Of course, if the NHS looked at itself and got rid of a percentage of its incompetent managers who, having no idea of what a hospital needs to run efficiently are of 'limited' use, instead of selfishly protecting its support staff (the non-operations staff, that is...), they would be able to hire more doctors, pay them the money they deserved and give them a good quality of life.

Of course the same goes for the MoD, schools, social care, the list goes on and includes airlines.

Rant over. I may have gone off on a tangent at some point, but I feel better now
170to5 is offline  
Old 29th Oct 2009, 23:22
  #158 (permalink)  
 
Join Date: Dec 2006
Location: Ireland
Posts: 8
Likes: 0
Received 0 Likes on 0 Posts
The issue here is not about BA or EasyJet... Nobody has a problem with a competitive company entering a market place and competing and winning routes etc like EasyJet have done..
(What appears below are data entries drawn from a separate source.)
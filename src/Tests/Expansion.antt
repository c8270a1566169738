-- ===== src/Tests/Expansion.antt =====
-- The expansion of sets: a route-set RS-R with a range, itself under ^+ and an as-set AS-A under ^24, where
-- AS-A has AS1, AS2 and the set AS-B, and honours aut-nums of the maintainer M. The registry has no AS-B.
use rpsl.Base.{
  ℕ, ◌≡◌, ◌≢◌, ◌↔◌, ◌≤◌, refl, true, false, List, [], ◌∷◌, Option, none, some, ◌==◌, if◌then◌else◌,
}
use mathlib.Core.List.{Memᴰ}
use rpsl.Ast.{Object}
use rpsl.Lexer.Text.{Bytes}
use rpsl.Object.Members.{MemberKind, SetMember, member_as, member_set, member_prefix_range}
use rpsl.Object.Sets.{NamedSet, ClaimObject, set_body, aut_num, Claimed, inet_rtr}
use rpsl.Resolve.Claims.{claim_allowed}
use rpsl.Resolve.Claims.Honoured.{Honours, claim_allowed_lem}
use rpsl.Resolve.Expand.{
  Source, Expander, fetched, fetch_failed, not_found, pos, too_large, limit_visited, limit_depth,
  limit_prefixes, wrong_class, fetch_one, claims_of, max_prefixes,
}
use rpsl.Resolve.Expand.Answer.{found_at, routes_of}
use rpsl.Resolve.Expand.Discover.{SetNode, SetGraph, discover}
use rpsl.Resolve.Expand.Expansion.{expand_prefix_ranges_lem, expand_as_lem, expansions_end}
use rpsl.Resolve.Expand.Numbers.{Counts}
use rpsl.Resolve.Expand.Outcome.{Outcome, done, failed, stuck}
use rpsl.Resolve.Expand.Ranges.{RangeSet, AsnSet, expand_prefix_ranges, expand_as}
use rpsl.Resolve.Expand.Reachable.{Reach}
use rpsl.Resolve.Expand.States
use rpsl.Tests.Ranges.Data.{net10, net192, range10, range}
use rpsl.Types.AddrFamily.{afi_any}
use rpsl.Types.Netip.{Prefix}
use rpsl.Types.PrefixRange.{
  PrefixRange, RangeOperator, RangeOp, range_exact, range_plus, range_length, is_empty,
}
use rpsl.Types.SetName.{SetName, class_as_set, class_route_set, name_eq}
use rpsl.Types.SetRef.{SetRef, ref}

abbrev pub as_name : ℕ → SetName
as_name c = record { canon = b'A' ∷ b'S' ∷ b'-' ∷ c ∷ []; set_class = class_as_set }

abbrev rs_r : SetName
rs_r = record { canon = b'R' ∷ b'S' ∷ b'-' ∷ b'R' ∷ []; set_class = class_route_set }

abbrev op : RangeOp → RangeOperator
op k = record { kind = k; n = 24; m = 24 }

abbrev pub member : MemberKind → ℕ → SetName → RangeOp → SetMember
member kind a n k = record {
  kind = kind;
  as_num = a;
  set_name = n;
  source = [];
  range = range10;
  op = op k;
  raw = [];
}

abbrev mntner : Bytes
mntner = b'M' ∷ []

abbrev set_of : SetName → Bytes → List SetMember → NamedSet
set_of n class members = record {
  class = class;
  name = n;
  source = [];
  ref_mntners = mntner ∷ [];
  body = set_body members [];
}

abbrev set_r : NamedSet
set_r = set_of rs_r (b'r' ∷ b'o' ∷ b'u' ∷ b't' ∷ b'e' ∷ b'-' ∷ b's' ∷ b'e' ∷ b't' ∷ []) (
    member member_prefix_range 0 rs_r range_exact
    ∷ member member_set 0 rs_r range_plus
    ∷ member member_set 0 (as_name b'A') range_length
    ∷ [])

abbrev set_a : NamedSet
set_a = set_of (as_name b'A') (b'a' ∷ b's' ∷ b'-' ∷ b's' ∷ b'e' ∷ b't' ∷ []) (
    member member_as 1 rs_r range_exact
    ∷ member member_as 2 rs_r range_exact
    ∷ member member_set 0 (as_name b'B') range_exact
    ∷ [])

-- An aut-num that names AS-A and has the maintainer "m".
abbrev claim : ClaimObject
claim =
    aut_num 3 (record {
      member_of = as_name b'A' ∷ [];
      mnt_by = (b'm' ∷ []) ∷ [];
      source = [];
      text = none;
    })

abbrev routes : ℕ → List Prefix
routes a = if a == 1 then net192 ∷ [] else if a == 2 then net10 ∷ [] else []

abbrev registry : Source
unfolding name_eq
registry = record {
  get_set = λ r.
      if name_eq r.name rs_r
      then fetched (some set_r)
      else if name_eq r.name (as_name b'A')
      then fetched (some set_a)
      else fetch_failed not_found;
  members_by_ref = λ set. fetched (claim ∷ []);
  originated_routes = λ a afi. fetched (routes a);
}

-- AS2 is left out.
abbrev pub expander : Expander
expander = record {
  max_depth_of = pos 0;
  max_prefixes_of = pos 0;
  max_visited_of = pos 8;
  afi = afi_any;
  excluded_sets = [];
  excluded_asns = 2 ∷ [];
}

abbrev pub as_is : Bytes → Bytes
as_is s = s

-- The result that an outcome holds.
abbrev result_of : {E S : Type 0} → S → Outcome E S → S
result_of s (done t) = t
result_of s (failed e) = s
result_of s stuck = s

abbrev missing : List SetRef
missing = ref (as_name b'B') ∷ []

abbrev answer : RangeSet
answer = record {
  ranges = range net192 24 24 ∷ range net192 24 32 ∷ range net10 16 32 ∷ range10 ∷ [];
  missing = missing;
}

expand_run : expand_prefix_ranges as_is registry expander (ref rs_r) ≡ done answer
unfolding expand_prefix_ranges is_empty
expand_run = refl

expand_prefix_ranges_lem_example :
    ((r : PrefixRange)
      → (Memᴰ r answer.ranges
          ↔ States.Denotes expander
              (ref rs_r)
              (found_at as_is registry)
              (routes_of registry expander)
              r))
    × ((r : SetRef)
        → (Memᴰ r missing ↔ (
            Reach as_is registry expander (ref rs_r) r
            × (fetch_one as_is registry r ≡ fetch_failed not_found))))
    × (4 ≤ max_prefixes expander)
expand_prefix_ranges_lem_example =
    expand_prefix_ranges_lem as_is registry expander (ref rs_r) answer expand_run

-- AS1 is a member and AS3 claims membership; AS2 is left out.
abbrev numbers : AsnSet
numbers = record { is_any = false; asns = 1 ∷ 3 ∷ []; missing = missing }

expand_as_run : expand_as as_is registry expander false (ref (as_name b'A')) ≡ done numbers
unfolding expand_as
expand_as_run = refl

expand_as_lem_example :
    ((a : ℕ)
      → (Memᴰ a (1 ∷ 3 ∷ []) ↔ (
          (r : SetRef) × (nd : SetNode) × Reach as_is registry expander (ref (as_name b'A')) r
          × (fetch_one as_is registry r ≡ fetched nd.set)
          × (claims_of as_is registry nd.set ≡ fetched nd.claims)
          × Counts expander nd a)))
    × ((r : SetRef)
        → (Memᴰ r missing ↔ (
            Reach as_is registry expander (ref (as_name b'A')) r
            × (fetch_one as_is registry r ≡ fetch_failed not_found))))
expand_as_lem_example =
    expand_as_lem as_is registry expander false (ref (as_name b'A')) numbers expand_as_run refl

abbrev graph : SetGraph
graph = record {
  top = ref rs_r;
  nodes =
      (ref rs_r, record { set = set_r; claims = [] })
      ∷ (ref (as_name b'A'), record { set = set_a; claims = claim ∷ [] })
      ∷ [];
  missing = missing;
  any_refs = [];
  reached = 3;
}

discover_run : discover as_is registry expander false (ref rs_r) ≡ done graph
unfolding discover
discover_run = refl

expansions_end_example :
    (expand_prefix_ranges as_is registry expander (ref rs_r) ≢ stuck)
    × (expand_as as_is registry expander true (ref rs_r) ≢ stuck)
expansions_end_example = expansions_end as_is registry expander true (ref rs_r)

claim_allowed_lem_example : (claim_allowed as_is claim set_a ≡ true) ↔ Honours as_is claim set_a
claim_allowed_lem_example = claim_allowed_lem as_is claim set_a

claim_allowed_run :
    (claim_allowed as_is claim set_a ≡ true) × (claim_allowed as_is claim set_r ≡ false)
unfolding claim_allowed
claim_allowed_run = (refl, refl)

-- An inet-rtr claims membership, here in an as-set, as an aut-num does; an aut-num whose text has no
-- attribute of its key does not.
abbrev fields : Option Object → Claimed
fields text = record {
  member_of = as_name b'A' ∷ [];
  mnt_by = (b'm' ∷ []) ∷ [];
  source = [];
  text = text;
}

claimants_run :
    (claim_allowed as_is (inet_rtr (fields none)) set_a ≡ true)
    × (claim_allowed as_is (aut_num 3 (fields (some (record { attrs = []; trail = [] })))) set_a
        ≡ false)
unfolding claim_allowed
claimants_run = (refl, refl)

-- Each limit in turn, and a set of another class.
limits_run :
    (expand_prefix_ranges as_is registry (record expander { max_prefixes_of = pos 3 }) (ref rs_r)
      ≡ failed (too_large limit_prefixes 3 4))
    × (expand_prefix_ranges as_is registry (record expander { max_visited_of = pos 3 }) (ref rs_r)
        ≡ failed (too_large limit_visited 3 4))
    × (expand_prefix_ranges as_is registry (record expander { max_depth_of = pos 1 }) (ref rs_r)
        ≡ failed (too_large limit_depth 1 2))
    × (expand_as as_is registry expander false (ref rs_r) ≡ failed wrong_class)
unfolding expand_prefix_ranges is_empty expand_as
limits_run = (refl, refl, refl, refl)
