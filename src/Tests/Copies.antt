-- ===== src/Tests/Copies.antt =====
-- Two copies of one as-set in memory, from the sources R and S, where S takes precedence.
use rpsl.Base.{ℕ, ◌≡◌, refl, Bool, true, false, List, [], ◌∷◌, none, some}
use rpsl.Lexer.Text.{Bytes}
use rpsl.Object.Members.{member_as}
use rpsl.Object.Sets.{NamedSet, set_body, aut_num}
use rpsl.Resolve.Expand.{fetched, fetch_failed, not_found}
use rpsl.Resolve.Expand.Outcome.{done}
use rpsl.Resolve.Expand.Ranges.{expand_as}
use rpsl.Resolve.MemSource.{
  CorpusObject, a_set, an_object, MemSource, new_mem_source, get_set, source_of,
}
use rpsl.Resolve.MemSource.Precedence.{Answered, get_set-Answered}
use rpsl.Tests.Expansion.{as_is, as_name, member, expander}
use rpsl.Types.PrefixRange.{range_exact}
use rpsl.Types.SetRef.{SetRef, ref}

abbrev copy_of : ℕ → ℕ → NamedSet
copy_of source a = record {
  class = b'a' ∷ b's' ∷ b'-' ∷ b's' ∷ b'e' ∷ b't' ∷ [];
  name = as_name b'A';
  source = source ∷ [];
  ref_mntners = (b'A' ∷ b'N' ∷ b'Y' ∷ []) ∷ [];
  body = set_body (member member_as a (as_name b'A') range_exact ∷ []) [];
}

abbrev corpus : List CorpusObject
corpus =
    a_set (copy_of b'R' 1)
    ∷ an_object 0 (
        aut_num 7
          (record { member_of = as_name b'A' ∷ []; mnt_by = []; source = b'S' ∷ []; text = none }))
    ∷ a_set (copy_of b'S' 5)
    ∷ a_set (copy_of b'S' 6)
    ∷ []

abbrev every : Bytes → Bool
every source = true

abbrev precedence : List Bytes
precedence = (b's' ∷ []) ∷ []

abbrev memory : MemSource
memory = new_mem_source as_is as_is every precedence corpus

abbrev scoped_to : ℕ → SetRef
scoped_to source = record { source = source ∷ []; name = as_name b'A' }

get_set_run :
    (get_set as_is as_is every precedence memory (ref (as_name b'A'))
      ≡ fetched (some (copy_of b'S' 5)))
    × (get_set as_is as_is every precedence memory (scoped_to b'R')
        ≡ fetched (some (copy_of b'R' 1)))
    × (get_set as_is as_is every precedence memory (scoped_to b'T') ≡ fetch_failed not_found)
unfolding get_set new_mem_source
get_set_run = (refl, refl, refl)

get_set-Answered_example :
    Answered as_is as_is every precedence corpus
      (ref (as_name b'A'))
      (get_set as_is as_is every precedence memory (ref (as_name b'A')))
get_set-Answered_example = get_set-Answered as_is as_is every precedence corpus (ref (as_name b'A'))

-- The expansion over that Source: the member of the copy that wins, and the aut-num that claims it.
expand_as-memory_run :
    expand_as as_is
      (source_of as_is as_is every precedence memory)
      expander
      false
      (ref (as_name b'A'))
    ≡ done (record { is_any = false; asns = 5 ∷ 7 ∷ []; missing = [] })
unfolding expand_as source_of new_mem_source
expand_as-memory_run = refl
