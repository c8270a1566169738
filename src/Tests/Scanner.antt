-- ===== src/Tests/Scanner.antt =====
-- The lexer.
use Prim.Native.Char.{code}
use Prim.Native.String.{String}
use rpsl.Base.{◌≡◌, refl, [], ◌∷◌, map}
use rpsl.Lexer.Text.{
  Bytes, index_byte, is_blank_line, head_is_marker, head_is, starts_attribute, split_attr,
  cont_value, join_lines,
}
use rpsl.Lexer.Lines.{Covers, scan_lines, scan_lines-Covers}
use rpsl.Lexer.{
  kind_attribute, kind_blank, kind_comment, kind_malformed, Token, tokenize_at, tokenize,
  continue_with, start_pending,
}
use rpsl.Lexer.Position.{source_at, value_with_comments}
use rpsl.Lexer.Partition.{raws, Chain, tokenize_partition}

-- The bytes of an ASCII text.
abbrev pub codes : String → Bytes
codes String.[] = []
codes (String.◌∷◌ c s) = code c ∷ codes s

abbrev source : Bytes
source = codes "Person:  A # x\n+ B\n\n# c\r\nbad"

tokenize_kinds :
    map (λ (t : Token). t.kind) (tokenize source)
    ≡ kind_attribute ∷ kind_blank ∷ kind_comment ∷ kind_malformed ∷ []
unfolding tokenize is_blank_line head_is_marker head_is starts_attribute
tokenize_kinds = refl

tokenize_values : map (λ (t : Token). t.value) (tokenize source) ≡ codes "A\nB" ∷ [] ∷ [] ∷ [] ∷ []
unfolding tokenize is_blank_line head_is_marker head_is starts_attribute split_attr cont_value
    join_lines continue_with start_pending
tokenize_values = refl

tokenize_partition_example :
    (raws (tokenize_at source 1 0) ≡ source) × Chain 0 (tokenize_at source 1 0)
tokenize_partition_example = tokenize_partition source 1 0

scan_lines-Covers_example : Covers 0 source (scan_lines source)
scan_lines-Covers_example = scan_lines-Covers source

-- The 'B' of the value stands in line 2, column 3.
source_at_run :
    map (λ (t : Token). source_at t 2) (tokenize (codes "Person:  A # x\n+ B\n")) ≡ (2, 3, 17) ∷ []
unfolding source_at tokenize is_blank_line head_is_marker head_is starts_attribute split_attr
    cont_value join_lines continue_with start_pending
source_at_run = refl

comments_run : value_with_comments (codes "Person:  A # x\n+ B\n") ≡ codes "A # x\nB"
unfolding value_with_comments cont_value join_lines is_blank_line starts_attribute scan_lines
    index_byte
comments_run = refl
The issue is that AerLingus already have an operation in place in Gatwick, they have enough pilots and aeroplanes based there... Astraeus are being used to undercut pay and conditions which are already in place at AerLingus. Have you looked at the contracts for positions with Astraeus at Gatwick? Its all part of this race to the bottom that we have all been dragged into. Aerlingus do not need more pilots to be able to operate the LGW routes, the only reason Astraeus have been contracted in, is to operate routes and aid Aerlingus set up a UK AOC to have a stick to beat ROI pilots with on there terms and conditions.
Why wouldnt astraeus management take the easy cash that comes with such a deal... Unfortunately so many pilots are out of work at the moment in the EU market, so why wouldnt these pilots take the jobs at Astraeus... AerLingus management have spotted the weakness and used Astreus to capitalise on the situation.

The bottom line is
Every Pilot Astraeus hire to fly green aeroplanes from London Gatwick is directly taking the job of pilot in Aerlingus who is already flying these green machines... so when there is redundancy announcements at Aerlingus just rememeber that Astraeus pilots are taking the EI pilots jobs and doing the same work for a lower rate, Airline management are succeeding in pitching pilots against eachother ,its a slippery slope and its gonna turn what was a career into whats quickly turning into a job.
ImBatman is offline  
Old 29th Oct 2009, 23:24
  #159 (permalink)  
 
Join Date: Aug 1999
Location: uk
Posts: 247
Likes: 0
Received 0 Likes on 0 Posts
Nothing wrong with paying the going rate for skill and talent.
Fireman, train drivers ,soldiers, nurses, all have the above in abundance and many lives in their hands under far more stressful conditions than the average Pilot encounters on a daily basis. There is a considerable difference in their salaries, and even more variance from country to country for doing the same job.
Military pilots are less well paid than civilians. Are they mugs? Perhaps they have a choice? Many have told me that they consiider civilian flying boring at the side of their Military experience,so perhaps people's expectations of t and c's as you put it vary considerably.
Back to the opening statement however.
How do you calculate the"going rate"? At the moment rates have been pushed down due to the (hopefully) temporary oversupply of Pilots and oversupply of seats.
Honestly, what do you expect to happen? The only way the industry will survive is if commonsense does prevail, and real market forces determine wages and other commodities. There are still gross international distortions created by state support in several airlines which condemn pilots to a life of uncertainty.
Astraeus is actually making sense in the mad world of airlines.
aztruck is offline  
Old 29th Oct 2009, 23:34
  #160 (permalink)  
 
Join Date: Dec 2006
Location: Ireland
Posts: 8
Likes: 0
Received 0 Likes on 0 Posts
Astraeus are hiring pilots to fly another airlines machines on lower terms and conditions a few weeks before the said airline wants to declare a pilot surplus and make up to 100 pilots redundant, this makes sense to you? It makes sense to an accountant, infact perfect sense on a balance sheet, thats as far as that sense goes though.